My favorite memory is of my first summer at UF. My fellowship cohort traveled to Brazil together. After three weeks of living in too-close quarters and long days of interviews and workshops, we went on a trip to Jalapão , one of Brazil’s national parks. It’s beautiful there, a scrubby ecosystem in a semi-arid landscape with green and orange plateaus towering above. It is a rugged terrain with much less infrastructure than American national parks, and on our way to our accommodations our bus got stuck on a sandy road. We spent hours from the mid-afternoon through the evening gathering dead wood and any manner of object we could shove under the tires to get some traction. At some point, the battery on the bus died, drained by the headlights. We were hungry, tired, and without hope of leaving any time soon. My labmate, Jacy Hyde, Fisheries student, May Lehmensiek, and I spent the night on top of the bus sharing a single sleeping bag and spooning for warmth. If one of us shifted and turned in our sleep, the other two had to follow. Despite the discomfort (sleeping on a metal bus is not pleasant) and perhaps too much familiarity with my fellow adventurers, what I remember most about that night is how spectacular the night sky was – millions of stars stippling the pure black, the creamy Milky Way painted in broad brushstrokes against the darkness. We did eventually make it to our destination and have a great time in the park in the following days, but my evening stranded in the desert will always stick out.
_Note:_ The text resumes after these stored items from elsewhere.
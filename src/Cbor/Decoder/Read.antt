-- ===== src/Cbor/Decoder/Read.antt =====
-- Reads of src/cbor/bio_cbor_decoder.c at a position where given bytes lie ahead.
use hiya.Base.{
  ℕ, ◌+◌, ◌*◌, ◌/◌, ◌%◌, ◌^◌, ◌≤◌, ◌<◌, ◌≡◌, refl, sym, ◌∙◌, ap, false, List, [], ◌∷◌, ◌++◌, length,
  take, drop, arith, some, bit_and, bit_or, low_five, bit_or_disjoint, ◌⊎◌, inl, inr, length-append,
  length-drop, take-append, drop-append, drop-drop,
}
use hiya.Cbor.{Major, code, major_of, major_of-code, shr}
use hiya.Cbor.Head.{head, be, additional, follow}
use hiya.Cbor.Decoder.{
  Decoder, done, dec_read, dec_read_byte, dec_read_be16, dec_read_be32, dec_read_be64, be16_of,
  be32_of, be64_of, dec_head, dec_argument,
}

-- No error so far, and `bs` is what lies between the cursor and the end.
pub record Ahead (d : Decoder) (bs : List ℕ) : Type 0 where
  pub fine : d.error ≡ false
  pub whole : d.size ≡ length d.source
  pub small : d.size < 2 ^ 63
  pub within : d.offset ≤ d.size
  pub rest : drop d.offset d.source ≡ bs

abbrev pub advance : Decoder → ℕ → Decoder
advance d n = record d { offset = d.offset + n }

pub length-Ahead : (d : Decoder) (bs : List ℕ) → Ahead d bs → d.size ≡ d.offset + length bs
length-Ahead d bs a = omega (arith, ap length a.rest, length-drop d.offset d.source)

-- Past a prefix the suffix lies ahead.
pub advance-Ahead :
    (d : Decoder) (n : ℕ) (front back : List ℕ)
    → n ≡ length front
    → Ahead d (front ++ back)
    → Ahead (advance d n) back
advance-Ahead d n front back e a = record {
  fine = a.fine;
  whole = a.whole;
  small = a.small;
  within = omega (arith, length-Ahead d (front ++ back) a, length-append front back);
  rest =
      sym (drop-drop d.offset n d.source)
      ∙ ap (drop n) a.rest
      ∙ ap (λ k. drop k (front ++ back)) e
      ∙ drop-append front back;
}

pub dec_read-Ahead :
    (d : Decoder) (n : ℕ) (front back : List ℕ)
    → n ≡ length front
    → Ahead d (front ++ back)
    → dec_read n d ≡ (advance d n, some front)
unfolding dec_read
dec_read-Ahead d n front back e a =
    ground (arith, a.fine, length-Ahead d (front ++ back) a, length-append front back, got)
  where
    got : take n (drop d.offset d.source) ≡ front
    got = ap (take n) a.rest ∙ ap (λ k. take k (front ++ back)) e ∙ take-append front back

-- One more field behind `x`, whose low `k` bits are clear.
or_next : (k x y r q t : ℕ) → x ≡ q * 2 ^ k → r ≡ t → t < 2 ^ k → y ≡ q * 2 ^ k + t → bit_or x r ≡ y
or_next k x y r q t e f l g = rw (e, f) (bit_or_disjoint k q t l ∙ sym g)

pub be16_of-be : (v : ℕ) → v < 2 ^ 16 → be16_of (be 2 v) ≡ v
unfolding be16_of
be16_of-be v h =
    or_next 8 _ v _ (v / 2 ^ 8) (v % 2 ^ 8) (omega arith) (omega arith) (omega arith) (omega arith)

pub be32_of-be : (v : ℕ) → v < 2 ^ 32 → be32_of (be 4 v) ≡ v
unfolding be32_of
be32_of-be v h =
    or_next 8 _ v _ (v / 2 ^ 8) (v % 2 ^ 8)
      (or_next 16 _ _ _ (v / 2 ^ 16) (v / 2 ^ 8 % 2 ^ 8 * 2 ^ 8)
        (or_next 24 _ _ _ (v / 2 ^ 24) (v / 2 ^ 16 % 2 ^ 8 * 2 ^ 16) (omega arith) (omega arith)
          (omega arith) (omega arith))
        (omega arith) (omega arith) (omega arith))
      (omega arith) (omega arith) (omega arith)

pub be64_of-be : (v : ℕ) → v < 2 ^ 64 → be64_of (be 8 v) ≡ v
unfolding be64_of
be64_of-be v h =
    or_next 8 _ v _ (v / 2 ^ 8) (v % 2 ^ 8)
      (or_next 16 _ _ _ (v / 2 ^ 16) (v / 2 ^ 8 % 2 ^ 8 * 2 ^ 8)
        (or_next 24 _ _ _ (v / 2 ^ 24) (v / 2 ^ 16 % 2 ^ 8 * 2 ^ 16)
          (or_next 32 _ _ _ (v / 2 ^ 32) (v / 2 ^ 24 % 2 ^ 8 * 2 ^ 24)
            (or_next 40 _ _ _ (v / 2 ^ 40) (v / 2 ^ 32 % 2 ^ 8 * 2 ^ 32)
              (or_next 48 _ _ _ (v / 2 ^ 48) (v / 2 ^ 40 % 2 ^ 8 * 2 ^ 40)
                (or_next 56 _ _ _ (v / 2 ^ 56) (v / 2 ^ 48 % 2 ^ 8 * 2 ^ 48) (omega arith)
                  (omega arith) (omega arith) (omega arith))
                (omega arith) (omega arith) (omega arith))
              (omega arith) (omega arith) (omega arith))
            (omega arith) (omega arith) (omega arith))
          (omega arith) (omega arith) (omega arith))
        (omega arith) (omega arith) (omega arith))
      (omega arith) (omega arith) (omega arith)

-- The four reads, with the bytes that they read ahead.
pub dec_read_byte-Ahead :
    (d : Decoder) (b : ℕ) (back : List ℕ)
    → Ahead d (b ∷ back)
    → dec_read_byte d ≡ (advance d 1, done b)
unfolding dec_read_byte
dec_read_byte-Ahead d b back a = rw (dec_read-Ahead d 1 (b ∷ []) back refl a)

dec_read_be16-Ahead :
    (d : Decoder) (v : ℕ) (back : List ℕ)
    → v < 2 ^ 16
    → Ahead d (be 2 v ++ back)
    → dec_read_be16 d ≡ (advance d 2, done v)
unfolding dec_read_be16
dec_read_be16-Ahead d v back h a = rw (dec_read-Ahead d 2 (be 2 v) back refl a, be16_of-be v h)

dec_read_be32-Ahead :
    (d : Decoder) (v : ℕ) (back : List ℕ)
    → v < 2 ^ 32
    → Ahead d (be 4 v ++ back)
    → dec_read_be32 d ≡ (advance d 4, done v)
unfolding dec_read_be32
dec_read_be32-Ahead d v back h a = rw (dec_read-Ahead d 4 (be 4 v) back refl a, be32_of-be v h)

dec_read_be64-Ahead :
    (d : Decoder) (v : ℕ) (back : List ℕ)
    → v < 2 ^ 64
    → Ahead d (be 8 v ++ back)
    → dec_read_be64 d ≡ (advance d 8, done v)
unfolding dec_read_be64
dec_read_be64-Ahead d v back h a = rw (dec_read-Ahead d 8 (be 8 v) back refl a, be64_of-be v h)

-- The additional information `ai` says that `k` bytes follow, and that they are those of `v`.
abbrev pub Carries : ℕ → ℕ → ℕ → Type 0
Carries ai k v =
    ((ai ≤ 23) × (k ≡ 0) × (v ≡ ai))
    ⊎ ((ai ≡ 24) × (k ≡ 1) × (v < 2 ^ 8))
    ⊎ ((ai ≡ 25) × (k ≡ 2) × (v < 2 ^ 16))
    ⊎ ((ai ≡ 26) × (k ≡ 4) × (v < 2 ^ 32))
    ⊎ ((ai ≡ 27) × (k ≡ 8) × (v < 2 ^ 64))

pub Carries-shortest : (v : ℕ) → v < 2 ^ 64 → Carries (additional v) (follow v) v
unfolding additional follow
Carries-shortest v h = ground arith

dec_argument-Carries :
    (d : Decoder) (mt : Major) (ai k v : ℕ) (back : List ℕ)
    → Carries ai k v
    → Ahead d (be k v ++ back)
    → dec_argument mt ai d
      ≡ (advance d k, done (record { major = mt; additional = ai; argument = v }))
unfolding dec_argument
dec_argument-Carries d mt ai k v back (inl (h, e, g)) a = ground arith
dec_argument-Carries d mt ai k v back (inr (inl (h, e, g))) a =
    rw (h, e, dec_read_byte-Ahead d (v / 1 % 256) back (rw e at a)) (ground arith)
dec_argument-Carries d mt ai k v back (inr (inr (inl (h, e, g)))) a =
    rw (h, e, dec_read_be16-Ahead d v back g (rw e at a))
dec_argument-Carries d mt ai k v back (inr (inr (inr (inl (h, e, g))))) a =
    rw (h, e, dec_read_be32-Ahead d v back g (rw e at a))
dec_argument-Carries d mt ai k v back (inr (inr (inr (inr (h, e, g))))) a =
    rw (h, e, dec_read_be64-Ahead d v back g (rw e at a))

pub byte_fields :
    (mt : Major) (ai : ℕ)
    → ai < 32
    → (major_of (shr (code mt * 32 + ai) 5) ≡ mt) × (bit_and (code mt * 32 + ai) 0x1f ≡ ai)
byte_fields mt ai h =
    let top : shr (code mt * 32 + ai) 5 ≡ code mt = omega arith in
    let low = low_five (code mt * 32 + ai) in (rw top (major_of-code mt), low ∙ omega arith)

-- Where a head in any of the forms of RFC 8949 lies ahead, the shortest or not, `dec_head`
-- gives its major type, additional information and argument, and moves the cursor past it.
pub dec_head-Carries :
    (d : Decoder) (mt : Major) (ai k v : ℕ) (back : List ℕ)
    → Carries ai k v
    → Ahead d ((code mt * 32 + ai) ∷ (be k v ++ back))
    → dec_head d ≡ (advance d (1 + k), done (record { major = mt; additional = ai; argument = v }))
unfolding dec_head
dec_head-Carries d mt ai k v back c a =
    let b = code mt * 32 + ai in
    let (top, low) = byte_fields mt ai (omega arith) in
    let next = advance-Ahead d 1 (b ∷ []) (be k v ++ back) refl a in
    let sum : d.offset + 1 + k ≡ d.offset + (1 + k) = omega arith in
    rw (dec_read_byte-Ahead d b (be k v ++ back) a, top, low)
      (dec_argument-Carries (advance d 1) mt ai k v back c next
        ∙ ap
            (λ n. (
              record d { offset = n },
              done (record { major = mt; additional = ai; argument = v }),
            ))
            sum)

pub dec_head-head :
    (d : Decoder) (mt : Major) (v : ℕ) (back : List ℕ)
    → v < 2 ^ 64
    → Ahead d (head mt v ++ back)
    → dec_head d ≡ (
      advance d (1 + follow v),
      done (record { major = mt; additional = additional v; argument = v }),
    )
unfolding head
dec_head-head d mt v back h a =
    dec_head-Carries d mt (additional v) (follow v) v back (Carries-shortest v h) a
Are you working on anything exciting you’d like to share?
I have a few really exciting projects coming up. Soon, I will have a news story coming out about measuring biomass from space. I’m also starting a podcast about failure and struggles in academia to normalize the issues so many graduate students (and others) face. I also hope the podcast reaches a broader audience to help people understand that scientists are just normal people. I would love to see more women and people from underrepresented groups feel empowered to be scientists. I’m working with the Amazon Dams Network (amazondamsnetwork.org) to create an editorialized blog focusing on broad-scale issues surrounding dams, including problems with connectivity (water, ecosystems, people), social justice, and others. The first edition was published in March. I’m also really excited to start digging into my data for my dissertation. I made a big breakthrough in a coding issue I was having, so hopefully I’ll be getting some results soon.